> Your objective:
Transcribe every record exactly, omitting none.

BEGIN Entries provided

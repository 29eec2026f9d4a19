-- ===== src/Tests.antt =====
-- The theorems at concrete inputs, where their hypotheses hold.
mod Data
mod Store
mod Scheduler
mod Coordinator
mod Parts
mod Build
mod Api
mod NodeAgent
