-- ===== src/Tests/Data.antt =====
-- Records that the tests share.
use lecrev.Prelude.{ℕ, ◌+◌, String, [], ◌∷◌, none, true, false}
use lecrev.Prelude.Int.{ℤ, pos}
use lecrev.Errors.{ok, pure}
use lecrev.Store.Backend.{World, memory}
use lecrev.Scheduler.{Dispatcher, Service, Env}
use lecrev.Scheduler.Admission.{queued_job}
use lecrev.Coordinator.{AssignmentState, AssignmentUpdate, Coordinator, Session, Link, no_stats}
use lecrev.Coordinator.Node.{Node}
use lecrev.Domain.{
  ExecutionJob, JobState, IdempotencyRecord, IdempotencyStatus, HttpTrigger, HttpTriggerAuthMode,
  WarmPool, FunctionVersion, NetworkPolicy, SourceType, FunctionState, Host, HostState, Assignment,
}
use lecrev.Store.{Store, empty}

abbrev pub job : String → JobState → ℕ → ExecutionJob
job id state updated = record {
  id = id;
  function_version_id = "fv";
  project_id = "demo";
  target_region = "";
  state = state;
  payload = [];
  max_retries = 2;
  attempt_count = 0;
  last_attempt_id = "";
  error = "";
  result = none;
  created_at = 100;
  updated_at = updated;
}

abbrev pub version : FunctionVersion
version = record {
  id = "fv";
  project_id = "demo";
  name = "echo";
  runtime = "node22";
  entrypoint = "index.mjs";
  memory_mb = 128;
  timeout_sec = 10;
  network_policy = NetworkPolicy.no_network;
  regions = "ap-south-1" ∷ [];
  env_vars = [];
  env_refs = [];
  max_retries = 2;
  build_job_id = "";
  source_type = SourceType.bundle;
  artifact_digest = "sha";
  state = FunctionState.ready;
  created_at = 100;
}

-- Two waiting jobs and a running one; the second was updated first.
abbrev pub busy : Store
busy = record empty {
  execution_jobs =
      ("a", job "a" JobState.queued 300)
      ∷ ("b", job "b" JobState.retrying 200)
      ∷ ("c", job "c" JobState.running 100)
      ∷ [];
  functions = ("fv", version) ∷ [];
  projects =
      ("demo", record { id = "demo"; tenant_id = "acme"; name = "Demo"; created_at = 100 }) ∷ [];
}

abbrev pub idempotency_record : String → String → IdempotencyRecord
idempotency_record project key = record {
  scope = "invoke";
  project_id = project;
  key = key;
  request_hash = "h";
  resource_id = "";
  resource = "execution_job";
  status = IdempotencyStatus.pending;
  created_at = 100;
  updated_at = 100;
}

abbrev pub trigger : String → HttpTrigger
trigger version_id = record {
  token = "t1";
  project_id = "demo";
  function_version_id = version_id;
  description = "";
  auth_mode = HttpTriggerAuthMode.no_auth;
  enabled = true;
  created_at = 100;
}

abbrev pub pool : String → WarmPool
pool host = record {
  region = "r";
  host_id = host;
  function_version_id = "fv";
  blank_warm = pos 0;
  function_warm = pos 2;
  updated_at = 100;
}

-- A service over the in-memory store of `busy`, with a region that takes every assignment.
abbrev pub World0 : Type 0
World0 = World (Unit {0})

abbrev pub world : World0
world = record { store = busy; rest = tt }

abbrev pub welcoming : Dispatcher World0
welcoming = record {
  region = "ap-south-1";
  stats = λ w. no_stats;
  enqueue_execution = λ a. pure tt;
  execute_direct = none;
  execute_direct_stream = none;
  prepare_function_warm = none;
}

abbrev pub svc : Service World0
svc = record {
  db = memory;
  dispatchers = ("ap-south-1", welcoming) ∷ [];
  scheduling_timeout = 10000000000;
  healthy_within = 15000000000;
  max_active_execution_jobs_per_project = 4;
  request_hash = λ id payload. ok id;
}

abbrev pub env : Env
env = record { now = λ k. 500 + k; rank_now = λ k. 600; uuid = λ k. "u0" }

abbrev pub queued : ExecutionJob
queued = queued_job version [] 500 "j1"

-- A region's coordinator with two hosts, one of them warm.
abbrev pub host : String → ℤ → Host
host id slots = record {
  id = id;
  region = "ap-south-1";
  driver = "firecracker";
  state = HostState.active;
  available_slots = slots;
  available_full_network_slots = pos 0;
  blank_warm = pos 1;
  function_warm = ("fv", pos 1) ∷ [];
  last_heartbeat = 400;
}

abbrev pub session : String → ℤ → Session
session id slots = record { host = host id slots; link = Link.embedded []; prepares = true }

abbrev pub coordinator : Coordinator
coordinator = record {
  region = "ap-south-1";
  stale_host_after = 0;
  has_retryer = true;
  hosts = ("h1", session "h1" (pos 1)) ∷ ("h2", session "h2" (pos 3)) ∷ [];
  direct_invokes = ("a1", record { canceled = false }) ∷ [];
  channels = [];
  blocked = [];
}

abbrev pub node : Node World0
node = record { self = coordinator; shared = world }

abbrev pub assignment : Assignment
assignment = record {
  attempt_id = "a2";
  job_id = "a";
  function_version_id = "fv";
  artifact_digest = "sha";
  artifact_bundle_key = "k";
  entrypoint = "index.mjs";
  env_vars = [];
  env_refs = [];
  payload = [];
  network_policy = NetworkPolicy.no_network;
  timeout_sec = 10;
  memory_mb = 128;
}

abbrev pub update : String → String → AssignmentState → AssignmentUpdate
update attempt_id job_id state = record {
  attempt_id = attempt_id;
  job_id = job_id;
  host_id = "h1";
  region = "ap-south-1";
  state = state;
  exit_code = pos 1;
  logs = [];
  output = [];
  error_message = "boom";
}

END Entries provided

> Answer space:
repository 29eec2026f9d4a19
-- ===== src/Tests.antt =====
-- The theorems at concrete inputs, where their hypotheses hold.
mod Data
mod Store
mod Scheduler
mod Coordinator
mod Parts
mod Build
mod Api
mod NodeAgent
-- ===== src/Tests/Data.antt =====
-- Records that the tests share.
use lecrev.Prelude.{ℕ, ◌+◌, String, [], ◌∷◌, none, true, false}
use lecrev.Prelude.Int.{ℤ, pos}
use lecrev.Errors.{ok, pure}
use lecrev.Store.Backend.{World, memory}
use lecrev.Scheduler.{Dispatcher, Service, Env}
use lecrev.Scheduler.Admission.{queued_job}
use lecrev.Coordinator.{AssignmentState, AssignmentUpdate, Coordinator, Session, Link, no_stats}
use lecrev.Coordinator.Node.{Node}
use lecrev.Domain.{
  ExecutionJob, JobState, IdempotencyRecord, IdempotencyStatus, HttpTrigger, HttpTriggerAuthMode,
  WarmPool, FunctionVersion, NetworkPolicy, SourceType, FunctionState, Host, HostState, Assignment,
}
use lecrev.Store.{Store, empty}

abbrev pub job : String → JobState → ℕ → ExecutionJob
job id state updated = record {
  id = id;
  function_version_id = "fv";
  project_id = "demo";
  target_region = "";
  state = state;
  payload = [];
  max_retries = 2;
  attempt_count = 0;
  last_attempt_id = "";
  error = "";
  result = none;
  created_at = 100;
  updated_at = updated;
}

abbrev pub version : FunctionVersion
version = record {
  id = "fv";
  project_id = "demo";
  name = "echo";
  runtime = "node22";
  entrypoint = "index.mjs";
  memory_mb = 128;
  timeout_sec = 10;
  network_policy = NetworkPolicy.no_network;
  regions = "ap-south-1" ∷ [];
  env_vars = [];
  env_refs = [];
  max_retries = 2;
  build_job_id = "";
  source_type = SourceType.bundle;
  artifact_digest = "sha";
  state = FunctionState.ready;
  created_at = 100;
}

-- Two waiting jobs and a running one; the second was updated first.
abbrev pub busy : Store
busy = record empty {
  execution_jobs =
      ("a", job "a" JobState.queued 300)
      ∷ ("b", job "b" JobState.retrying 200)
      ∷ ("c", job "c" JobState.running 100)
      ∷ [];
  functions = ("fv", version) ∷ [];
  projects =
      ("demo", record { id = "demo"; tenant_id = "acme"; name = "Demo"; created_at = 100 }) ∷ [];
}

abbrev pub idempotency_record : String → String → IdempotencyRecord
idempotency_record project key = record {
  scope = "invoke";
  project_id = project;
  key = key;
  request_hash = "h";
  resource_id = "";
  resource = "execution_job";
  status = IdempotencyStatus.pending;
  created_at = 100;
  updated_at = 100;
}

abbrev pub trigger : String → HttpTrigger
trigger version_id = record {
  token = "t1";
  project_id = "demo";
  function_version_id = version_id;
  description = "";
  auth_mode = HttpTriggerAuthMode.no_auth;
  enabled = true;
  created_at = 100;
}

abbrev pub pool : String → WarmPool
pool host = record {
  region = "r";
  host_id = host;
  function_version_id = "fv";
  blank_warm = pos 0;
  function_warm = pos 2;
  updated_at = 100;
}

-- A service over the in-memory store of `busy`, with a region that takes every assignment.
abbrev pub World0 : Type 0
World0 = World (Unit {0})

abbrev pub world : World0
world = record { store = busy; rest = tt }

abbrev pub welcoming : Dispatcher World0
welcoming = record {
  region = "ap-south-1";
  stats = λ w. no_stats;
  enqueue_execution = λ a. pure tt;
  execute_direct = none;
  execute_direct_stream = none;
  prepare_function_warm = none;
}

abbrev pub svc : Service World0
svc = record {
  db = memory;
  dispatchers = ("ap-south-1", welcoming) ∷ [];
  scheduling_timeout = 10000000000;
  healthy_within = 15000000000;
  max_active_execution_jobs_per_project = 4;
  request_hash = λ id payload. ok id;
}

abbrev pub env : Env
env = record { now = λ k. 500 + k; rank_now = λ k. 600; uuid = λ k. "u0" }

abbrev pub queued : ExecutionJob
queued = queued_job version [] 500 "j1"

-- A region's coordinator with two hosts, one of them warm.
abbrev pub host : String → ℤ → Host
host id slots = record {
  id = id;
  region = "ap-south-1";
  driver = "firecracker";
  state = HostState.active;
  available_slots = slots;
  available_full_network_slots = pos 0;
  blank_warm = pos 1;
  function_warm = ("fv", pos 1) ∷ [];
  last_heartbeat = 400;
}

abbrev pub session : String → ℤ → Session
session id slots = record { host = host id slots; link = Link.embedded []; prepares = true }

abbrev pub coordinator : Coordinator
coordinator = record {
  region = "ap-south-1";
  stale_host_after = 0;
  has_retryer = true;
  hosts = ("h1", session "h1" (pos 1)) ∷ ("h2", session "h2" (pos 3)) ∷ [];
  direct_invokes = ("a1", record { canceled = false }) ∷ [];
  channels = [];
  blocked = [];
}

abbrev pub node : Node World0
node = record { self = coordinator; shared = world }

abbrev pub assignment : Assignment
assignment = record {
  attempt_id = "a2";
  job_id = "a";
  function_version_id = "fv";
  artifact_digest = "sha";
  artifact_bundle_key = "k";
  entrypoint = "index.mjs";
  env_vars = [];
  env_refs = [];
  payload = [];
  network_policy = NetworkPolicy.no_network;
  timeout_sec = 10;
  memory_mb = 128;
}

abbrev pub update : String → String → AssignmentState → AssignmentUpdate
update attempt_id job_id state = record {
  attempt_id = attempt_id;
  job_id = job_id;
  host_id = "h1";
  region = "ap-south-1";
  state = state;
  exit_code = pos 1;
  logs = [];
  output = [];
  error_message = "boom";
}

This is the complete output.